It's when something that is being designed and built with the intention of a
short lifespan ends up being around for a long time, and causing problems for
longer than it was intended to exist at all.

And I think this happens all the time.

I think you did the right thing (I would have too), but unless you have solid
consistency, work ethics and a great memory, you may put in that quick fix and
it never gets improved.

If the quick fix stands the test of time, then it was the right fix regardless
of how fast it was done.

I guess that is why I have grown into the approach over the years of always..
ALWAYS checking expectations thoroughly, even when it hurts a little.

It's important in the early stages of problem analysis to know - 1) how long
do I have to analyze the problem? 2) how long do I have to implement a
solution to the problem? and 3) how long does the solution need to last? Of
course there are a million other questions, but I think it needs to start
there. Of course, while answering those questions, as a service function, we
must always be thinking... hands down.. what is in the best interest of the
customer (which can be subjective, but it must always be the forefront)?

If you are given constraints for those 3 things, you can more accurately come
up with an appropriate solution. My experience with this is hard-earned from
just doing and always having to get creative.

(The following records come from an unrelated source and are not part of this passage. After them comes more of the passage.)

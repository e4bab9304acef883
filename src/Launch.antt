-- ===== src/Launch.antt =====
-- main.go: what `main` starts once the flags are accepted: the transport, the handler in front of the
-- MCP server, TLS, and whether tools are refreshed. The two MCP servers of mcp-go are handlers that
-- are arguments, and so is what http.ServeMux answers on a path that it does not hold.
pub mod Guarded
mod Examples
use Prim.Native.String.{String}
use grpcmcp.Base.{
  ℕ, Bool, true, false, not, ◌&&◌, ◌||◌, Option, none, some, List, ◌==◌, if◌then◌else◌,
}
use grpcmcp.Base.Results.{Result, ok, err, ◌>>=◌}
use grpcmcp.Cert.{Disk}
use grpcmcp.Gate.{Handler, gate}
use grpcmcp.Startup.{Flags, Settings, serve_http, is_empty}
use grpcmcp.Tools.Server.{BackendClient, configured_client, default_http_client}
use grpcmcp.Tls.{HttpServer, serve_tls}

-- a handler on each path
abbrev pub Paths : Type 0
Paths = String → Handler

-- stdio, an http.Server that listens without TLS on an address, or one over TLS
pub data Serving (Pool : Type 0) : Type 0 where
  stdio : Serving Pool
  plain : String → Paths → Serving Pool
  over_tls : HttpServer Pool Paths → Serving Pool

-- `useSSE`, with the transport that the checks of the flags leave
unfoldable pub use_sse : Flags → String → Bool
unfolding serve_http
use_sse f transport = serve_http f && transport == "sse"

-- `listChanged`, which needs a stream to the client
unfoldable pub list_changed : Flags → String → Bool
unfolding use_sse serve_http
list_changed f transport = not (serve_http f) || use_sse f transport

-- reflection is repeated if it was the source of the descriptors
unfoldable pub refreshes : Flags → Bool
refreshes f = f.reflect && is_empty f.descriptors

-- `backendClient`, the one client of the process: the one with TLS options, if there is one
pub backend_client : {C : Type 0} → Flags → Settings C → BackendClient C
backend_client f s = elim s.backend_tls [
  | some c ↦ configured_client c
  | none ↦ default_http_client f.base_url
]

-- the endpoint path of streamable HTTP
abbrev pub streamable_endpoint_path : String
streamable_endpoint_path = "/mcp"

-- `valid` and `quote` are those of the gate
module _ (valid : List String) (quote : String → String) (not_found : Handler) where
  unfoldable pub sse_handler : Paths → Paths
  sse_handler sse path = gate valid quote (sse path)

  -- the mux with one path
  unfoldable pub streamable_handler : Handler → Paths
  streamable_handler streamable path =
      if path == streamable_endpoint_path then gate valid quote streamable else not_found

  -- the handler of the transport
  unfoldable pub handler_of : Flags → String → Paths → Handler → Paths
  unfolding use_sse sse_handler streamable_handler
  handler_of f transport sse streamable =
      if use_sse f transport then sse_handler sse else streamable_handler streamable

module _ {Pems Pool : Type 0} (read_file : String → Result String Pems)
    (append_certs : Pems → Option Pool) (format : ℕ → String) (disk : Disk) where
  -- over TLS if there is a certificate
  unfoldable pub listen : Flags → Paths → Result String (Serving Pool)
  unfolding serve_tls
  listen f handler = if is_empty f.tls_crt then ok (plain f.host_port handler) else (do
    server ←
        serve_tls read_file append_certs format disk handler f.host_port f.ca_file f.tls_crt
          f.tls_key
    ok (over_tls server))

  -- the end of `main`, given the handler that the transport has over HTTP
  unfoldable pub serve : Flags → Paths → Result String (Serving Pool)
  unfolding listen serve_http
  serve f handler = if serve_http f then listen f handler else ok stdio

Sometimes, I plain ask people - do you want a long-term solution, or a short-
term solution? If you can come up with 3 options quickly based on your
experience - short/mid/long-term and give the pros and cons, I've found most
business users like this approach. Some prefer to just be given an answer and
have the issue handled immediately - however, that isn't always the best for
them nor the people doing the work. But, as they say, sometimes it comes down
to "needs must".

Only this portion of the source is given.